◆ **Task statement**
The line containing "rw some_count (ltb-div" marks the end: write out exactly every line from the first line of the data below through that line, and only those.

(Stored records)
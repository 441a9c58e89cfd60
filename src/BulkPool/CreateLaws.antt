-- ===== src/BulkPool/CreateLaws.antt =====
-- src/margo-bulk-pool.c: what `margo_bulk_pool_create` builds, and what it gives back on failure.
use mathlib.Core.List.{append-nil}
use mochi_margo.Base.{
  ℕ, zero, suc, ◌+◌, ◌*◌, add_u64, ◌/◌, ◌%◌, ◌^◌, ◌≤◌, ◌<◌, ◌≡◌, ◌≢◌, refl, ap, ◌∙◌, inl, inr, Bool,
  true, false, ◌&&◌, not, Option, none, some, List, [], ◌∷◌, ◌++◌, arith, length, u64_max, null,
  ltb, ◌==◌, if◌then◌else◌, Bool-cases,
}
use mochi_margo.Mercury.{HgReturn, nomem_error, other_error, is_success}
use mochi_margo.BulkPool.Defs.{Pool}
use mochi_margo.BulkPool.Create.{
  Calls, Created, array, null_array, overflows, free_created, fail, slice, create_bulks,
  finish_create, pool_create,
}
use mochi_margo.BulkPool.Stack.{IsValid}

div-lt→lt-mul : (m size count : ℕ) → 0 < count → m / count < size → m < size * count
div-lt→lt-mul m size count h l = grind arith

div-ge→mul-le : (m size count : ℕ) → 0 < count → size ≤ m / count → size * count ≤ m
div-ge→mul-le m size count h l = grind arith

ltb-div : (m size count : ℕ) → 0 < count → ltb (m / count) size ≡ ltb m (size * count)
ltb-div m size count h = ground (arith, div-lt→lt-mul m size count h, div-ge→mul-le m size count h)

-- The guard of `margo_bulk_pool_create` rejects a count and a size exactly if their product does
-- not fit a `size_t`.
pub overflows_iff : (count size : ℕ) → overflows count size ≡ ltb u64_max (size * count)
unfolding overflows
overflows_iff zero size = ground arith
overflows_iff (suc count) size =
    let some_count : (suc count == 0) ≡ false = ground arith in
    rw some_count (ltb-div u64_max size (suc count) (omega arith))

slice_sum : (buf t : ℕ) → buf + t ≤ u64_max → add_u64 buf (t % 2 ^ 64) ≡ buf + t
slice_sum buf t h = omega arith

slice_end : (count size i : ℕ) → i < count → i * size + size ≤ size * count
slice_end count size i h = grind arith

-- If the guard lets a size pass and the buffer that the allocation returned lies in the address
-- space, no slice wraps around, each lies inside the buffer, and they follow one another.
pub slice_inside :
    (buf count size i : ℕ)
    → overflows count size ≡ false
    → buf + size * count ≤ u64_max
    → i < count
    → (slice buf size i ≡ buf + i * size) × (slice buf size i + size ≤ buf + size * count)
slice_inside buf count size i g h l =
    let e = slice_end count size i l in
    let t : slice buf size i ≡ buf + i * size = slice_sum buf (i * size) (omega arith) in
    (t, omega arith)

abbrev pub NonNull : (ℕ → ℕ → ℕ → ℕ → HgReturn × ℕ) → Type 0
NonNull bulk_create =
    (i a s f : ℕ) → is_success (bulk_create i a s f).0 ≡ true → (bulk_create i a s f).1 ≢ null

module _ (bulk_create : ℕ → ℕ → ℕ → ℕ → HgReturn × ℕ) (buf size flag : ℕ) where
  -- The handles made before the first failure.
  unfoldable pub made : (n i : ℕ) → List ℕ
  made zero i = []
  made (suc n) i =
      let (ret, bulk) = bulk_create i (slice buf size i) size flag in
      let rest = made n (suc i) in if is_success ret then bulk ∷ rest else []

  create_bulks_frees :
      (n i : ℕ)
      → NonNull bulk_create
      → free_created n (create_bulks bulk_create buf size flag n i).1 ≡ made n i
  unfolding create_bulks made free_created
  create_bulks_frees zero i h = refl
  create_bulks_frees (suc n) i h =
      ground (arith, create_bulks_frees n (suc i) h, h i (slice buf size i) size flag)

  create_bulks_success :
      (n i : ℕ)
      → is_success (create_bulks bulk_create buf size flag n i).0 ≡ true
      → ((create_bulks bulk_create buf size flag n i).1 ≡ made n i) × (length (made n i) ≡ n)
  unfolding create_bulks made
  create_bulks_success zero i e = (refl, refl)
  create_bulks_success (suc n) i e = ground (arith, create_bulks_success n (suc i))

abbrev pub held : Option Pool → List ℕ
held none = []
held (some p) = p.bulks

abbrev pub is_none {ℓ} : {A : Type ℓ} → Option A → Bool
is_none none = true
is_none (some a) = false

-- A new pool is well formed and has all of its handles free.
abbrev pub IsFresh : Option Pool → Type 0
IsFresh none = Unit
IsFresh (some p) = IsValid p × (p.num_free ≡ p.count)

-- What a call returns, where it made the handles `all`.
pub record IsClean (all : List ℕ) (r : Created) : Type 0 where
  pub reported : is_none r.pool ≡ not (is_success r.ret)
  pub conserved : r.freed ++ held r.pool ≡ all
  pub fresh : IsFresh r.pool

fail-IsClean :
    (count : ℕ) (bulks all : List ℕ) (ret : HgReturn)
    → is_success ret ≡ false
    → free_created count bulks ≡ all
    → (r : Created) × (fail count (array bulks) ret ≡ some r) × IsClean all r
unfolding fail
fail-IsClean count bulks all ret e f = (
  record { ret = ret; pool = none; freed = free_created count bulks },
  refl,
  record { reported = rw e refl; conserved = append-nil _ ∙ f; fresh = tt },
)

finish-IsClean :
    (calls : Calls) (buf size count flag : ℕ) (ret : HgReturn) (bulks all : List ℕ)
    → count ≤ u64_max
    → free_created count bulks ≡ all
    → (is_success ret ≡ true → (bulks ≡ all) × (length all ≡ count))
    → (r : Created) × (finish_create calls buf size count flag (ret, bulks) ≡ some r)
      × IsClean all r
unfolding finish_create
finish-IsClean calls buf size count flag ret bulks all h f s = elim (Bool-cases (is_success ret)) [
  | inr e ↦ rw e (fail-IsClean count bulks all ret e f)
  | inl e ↦ elim (Bool-cases calls.mutex_create) [
    | inr m ↦ rw (e, m) (fail-IsClean count bulks all other_error refl f)
    | inl m ↦ elim (Bool-cases calls.cond_create) [
      | inr c ↦ rw (e, m, c) (fail-IsClean count bulks all other_error refl f)
      | inl c ↦
          rw (e, m, c)
            (
              _,
              refl,
              record {
                reported = refl;
                conserved = (s e).0;
                fresh = (
                  record { word = h; sized = ap length (s e).0 ∙ (s e).1; within = omega arith },
                  refl,
                );
              },
            )
    ]
  ]
]

-- The handles that a call makes, whatever comes of it.
unfoldable pub attempted : Calls → (count size flag : ℕ) → List ℕ
attempted calls count size flag =
    if overflows count size then [] else if not calls.malloc_pool then [] else elim calls.memalign [
      | none ↦ []
      | some buf ↦
          if not calls.calloc_bulks then [] else made calls.bulk_create buf size flag count 0
    ]

create-IsClean_at :
    (calls : Calls) (count size flag : ℕ) (memory : Option ℕ)
    → calls.memalign ≡ memory
    → memory ≢ none
    → count ≤ u64_max
    → NonNull calls.bulk_create
    → (r : Created) × (pool_create calls count size flag ≡ some r)
      × IsClean (attempted calls count size flag) r
unfolding pool_create attempted
create-IsClean_at calls count size flag none m n h nn = absurd (n refl)
create-IsClean_at calls count size flag (some buf) m n h nn =
    elim (Bool-cases (overflows count size)) [
      | inl o ↦
          rw (o, pool_create, attempted)
            (_, refl, record { reported = refl; conserved = refl; fresh = tt })
      | inr o ↦ elim (Bool-cases calls.malloc_pool) [
        | inr a ↦
            rw (o, a, pool_create, attempted)
              (_, refl, record { reported = refl; conserved = refl; fresh = tt })
        | inl a ↦ elim (Bool-cases calls.calloc_bulks) [
          | inr c ↦
              rw (o, a, m, c, pool_create, attempted)
                (_, refl, record { reported = refl; conserved = refl; fresh = tt })
          | inl c ↦
              rw (o, a, m, c, pool_create, attempted)
                (finish-IsClean calls buf size count flag _ _ _ h
                  (create_bulks_frees calls.bulk_create buf size flag count 0 nn)
                  (create_bulks_success calls.bulk_create buf size flag count 0))
        ]
      ]
    ]

-- `margo_bulk_pool_create`, if its aligned allocation succeeds and bulk handles are never null when
-- they are made: it returns; it gives a pool exactly if it reports success; each handle that it
-- made is in that pool or freed, in the order made; and the pool is well formed with all of its
-- handles free.
pub create-IsClean :
    (calls : Calls) (count size flag buf : ℕ)
    → calls.memalign ≡ some buf
    → count ≤ u64_max
    → NonNull calls.bulk_create
    → (r : Created) × (pool_create calls count size flag ≡ some r)
      × IsClean (attempted calls count size flag) r
create-IsClean calls count size flag buf m h nn =
    create-IsClean_at calls count size flag (some buf) m (λ e. cc) h nn

finish-some :
    (calls : Calls) (buf size count flag : ℕ) (ret : HgReturn) (bulks : List ℕ)
    → is_none (finish_create calls buf size count flag (ret, bulks)) ≡ false
unfolding finish_create fail
finish-some calls buf size count flag ret bulks = ground arith

past_allocation : (calls : Calls) (count size flag buf : ℕ) → Bool
past_allocation calls count size flag buf = is_none (
    if not calls.calloc_bulks
    then fail count null_array nomem_error
    else finish_create calls buf size count flag
        (create_bulks calls.bulk_create buf size flag count 0))

past_allocation_lem :
    (calls : Calls) (count size flag buf : ℕ) → past_allocation calls count size flag buf ≡ false
unfolding past_allocation fail
past_allocation_lem calls count size flag buf =
    let (ret, bulks) = create_bulks calls.bulk_create buf size flag count 0 in
    ground (arith, finish-some calls buf size count flag ret bulks)

create_fault_at :
    (calls : Calls) (count size flag : ℕ) (memory : Option ℕ)
    → calls.memalign ≡ memory
    → is_none (pool_create calls count size flag)
      ≡ (not (overflows count size) && calls.malloc_pool && is_none memory)
unfolding pool_create past_allocation
create_fault_at calls count size flag none m = ground arith
create_fault_at calls count size flag (some buf) m =
    ground (arith, past_allocation_lem calls count size flag buf)

-- `margo_bulk_pool_create` reads the field `bulks` before it has a value exactly if it comes as far
-- as the aligned allocation and this fails.
pub create_fault_iff :
    (calls : Calls) (count size flag : ℕ)
    → is_none (pool_create calls count size flag)
      ≡ (not (overflows count size) && calls.malloc_pool && is_none calls.memalign)
create_fault_iff calls count size flag = create_fault_at calls count size flag calls.memalign refl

◆ **Written response**
repository 441a9c58e89cfd60
filename src/BulkPool/CreateLaws.antt
-- ===== src/BulkPool/CreateLaws.antt =====
-- src/margo-bulk-pool.c: what `margo_bulk_pool_create` builds, and what it gives back on failure.
use mathlib.Core.List.{append-nil}
use mochi_margo.Base.{
  ℕ, zero, suc, ◌+◌, ◌*◌, add_u64, ◌/◌, ◌%◌, ◌^◌, ◌≤◌, ◌<◌, ◌≡◌, ◌≢◌, refl, ap, ◌∙◌, inl, inr, Bool,
  true, false, ◌&&◌, not, Option, none, some, List, [], ◌∷◌, ◌++◌, arith, length, u64_max, null,
  ltb, ◌==◌, if◌then◌else◌, Bool-cases,
}
use mochi_margo.Mercury.{HgReturn, nomem_error, other_error, is_success}
use mochi_margo.BulkPool.Defs.{Pool}
use mochi_margo.BulkPool.Create.{
  Calls, Created, array, null_array, overflows, free_created, fail, slice, create_bulks,
  finish_create, pool_create,
}
use mochi_margo.BulkPool.Stack.{IsValid}

div-lt→lt-mul : (m size count : ℕ) → 0 < count → m / count < size → m < size * count
div-lt→lt-mul m size count h l = grind arith

div-ge→mul-le : (m size count : ℕ) → 0 < count → size ≤ m / count → size * count ≤ m
div-ge→mul-le m size count h l = grind arith

ltb-div : (m size count : ℕ) → 0 < count → ltb (m / count) size ≡ ltb m (size * count)
ltb-div m size count h = ground (arith, div-lt→lt-mul m size count h, div-ge→mul-le m size count h)

-- The guard of `margo_bulk_pool_create` rejects a count and a size exactly if their product does
-- not fit a `size_t`.
pub overflows_iff : (count size : ℕ) → overflows count size ≡ ltb u64_max (size * count)
unfolding overflows
overflows_iff zero size = ground arith
overflows_iff (suc count) size =
    let some_count : (suc count == 0) ≡ false = ground arith in
    rw some_count (ltb-div u64_max size (suc count) (omega arith))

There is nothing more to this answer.